Если кто из свиты и считал, что араб не достоин подобной чести, он тут же отказался от этого мнения, одновременно подивившись простоте и грации обращения княжны. Император, безусловно, разделял с придворными их восхищение, но счел нужным его скрыть и произнес с некоторой неуверенностью:
— Ты, похоже, рекомендуешь его от всей души, дочь моя, и если я останусь здесь, то, боюсь, ожидания мои окажутся до опасного высоки; однако мне неоднократно доводилось слышать о талантах бродячих поэтов — а этот, судя по всему, является великолепным их образцом, — сознаюсь: мне доставит удовольствие, если ты его впустишь.
Что до адмирала, он произнес:
— Мы ведь собирались отправиться в обратный путь около полудня, не так ли?

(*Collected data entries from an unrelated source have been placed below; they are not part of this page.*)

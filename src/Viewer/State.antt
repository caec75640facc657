-- ===== src/Viewer/State.antt =====
-- The fields of a `PlotView` of rust/assets/hep-viewer.js with the part of the page and of the
-- wasm side that it touches, and statements that read, write and throw.
use ggsql_duckdb.Prelude.{ℕ, Bool, Option, none, some, List, [], ◌∷◌, String, ◌==◌, if◌then◌else◌}
use ggsql_duckdb.Viewer.Host.{IdPrefix}

-- The argument of `setColorScheme`, by the strings that the code tells apart.
pub data ColorScheme : Type 0 where
  light dark auto : ColorScheme
  other : String → ColorScheme

pub data Exn : Type 0 where
  unknown_color_scheme : String → Exn
  -- the wasm glue was handed a document pointer that `free` has set to 0
  null_pointer : Exn
  wasm_trap : Exn
  unreadable : Exn

pub record State (Num Doc : Type 0) : Type 0 where
  -- `plot`, as the document behind its pointer; `none` once the pointer is 0
  pub plot : Option Doc
  pub warnings : List String
  pub id_prefix : IdPrefix
  pub aspect : Option Num
  -- `_frame`: the id of the requested animation frame
  pub frame : Option ℕ
  -- whether `_observer` is set
  pub observer : Bool
  -- `_media` and `_onMedia`, by the id of the listener
  pub media : Option ℕ
  pub scheme : ColorScheme
  pub last_size : Option (Num × Num)
  pub freed : Bool
  -- the page: the container, the OS theme, and what is registered with the browser for this view
  pub client_width : Num
  pub client_height : Num
  pub inner_html : Option String
  pub prefers_dark : Bool
  pub next_id : ℕ
  pub frames : List ℕ
  pub listeners : List ℕ
  pub observing : Bool
  -- the wasm side: the `SvgRender`s not yet freed, and the documents freed
  pub renders : ℕ
  pub documents_freed : ℕ

pub data Outcome (A : Type 0) : Type 0 where
  ok : A → Outcome A
  throws : Exn → Outcome A

abbrev pub M : Type 0 → Type 0 → Type 0 → Type 0
M Num Doc A = State Num Doc → Outcome A × State Num Doc

module _ {Num Doc : Type 0} where
  abbrev pub next :
      {A B : Type 0}
      → (A → State Num Doc → Outcome B × State Num Doc)
      → Outcome A
      → State Num Doc
      → Outcome B × State Num Doc
  next f (ok a) s = f a s
  next f (throws e) s = (throws e, s)

  infixl 5 ◌>>=◌ ◌>>◌
  abbrev pub ◌>>=◌ : {A B : Type 0} → M Num Doc A → (A → M Num Doc B) → M Num Doc B
  ◌>>=◌ m f s = next f (m s).0 (m s).1

  abbrev pub ◌>>◌ : {B : Type 0} → M Num Doc (Unit {0}) → M Num Doc B → M Num Doc B
  m >> k = m >>= λ _. k

  abbrev pub pure : {A : Type 0} → A → M Num Doc A
  pure a s = (ok a, s)

  abbrev pub skip : M Num Doc (Unit {0})
  skip s = (ok tt, s)

  abbrev pub throw : {A : Type 0} → Exn → M Num Doc A
  throw e s = (throws e, s)

  abbrev pub get : M Num Doc (State Num Doc)
  get s = (ok s, s)

  abbrev pub modify : (State Num Doc → State Num Doc) → M Num Doc (Unit {0})
  modify f s = (ok tt, f s)

  abbrev pub or_trap : {A : Type 0} → Option A → M Num Doc A
  or_trap none = throw wasm_trap
  or_trap (some a) = pure a

  -- `try { m } finally { f }`, where the last block cannot throw
  abbrev pub finally : {A : Type 0} → M Num Doc A → (State Num Doc → State Num Doc) → M Num Doc A
  finally m f s = ((m s).0, f (m s).1)

  -- every access to the document goes through its pointer
  abbrev pub document : M Num Doc Doc
  document s = elim s.plot [ none ↦ (throws null_pointer, s) | some d ↦ (ok d, s) ]

abbrev pub remove : ℕ → List ℕ → List ℕ
remove k [] = []
remove k (j ∷ js) = let rest = remove k js in if j == k then rest else j ∷ rest

-- `if (id !== null)` before `cancelAnimationFrame(id)` or `removeEventListener`, on the ids that
-- are registered.
abbrev pub cancel : Option ℕ → List ℕ → List ℕ
cancel none js = js
cancel (some k) js = remove k js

— Ну, до полудня еще далеко. Пусть этого человека впустят, дочь моя, однако во имя любви к нам попроси его исполнить вещи не слишком длинные: тем самым он не задержит нас помимо своей воли, однако позволит составить представление о его таланте и стиле. Готовься к тому, что в определенный момент мы объявим о своем отбытии, и, когда это произойдет, не сочти это за недовольство тобой. Впустите араба.
Глава XIXТУРЕЦКИЕ ЛЕГЕНДЫ
Ситуация, представившаяся глазам читателя, стоит того, чтобы немного помедлить, — хотя бы даже ради того, чтобы запечатлеть ее в памяти.
Константин и Магомет, которым вскоре предстояло сойтись на поле битвы, оказались лицом к лицу, оба влюблены в одну и ту же женщину. Положение безусловно романтическое, но есть в нем и дополнительное обстоятельство. Одному из них грозит опасность.
Нам, разумеется, известно, что Абу-Обейда, Поющий шейх, — это принц Магомет под чужой личиной; мы также знаем, что принц — наследник султана Мурада, человека весьма пожилого, который в любой момент может покинуть как свой трон, так и этот мир. Вообразите, что будет, если этого безрассудного любителя приключений — а такое определение подходит нашему юноше, вне зависимости от его ранга, — выведут на чистую воду и раскроют его тайну императору. О последствиях разоблачения можно только догадываться.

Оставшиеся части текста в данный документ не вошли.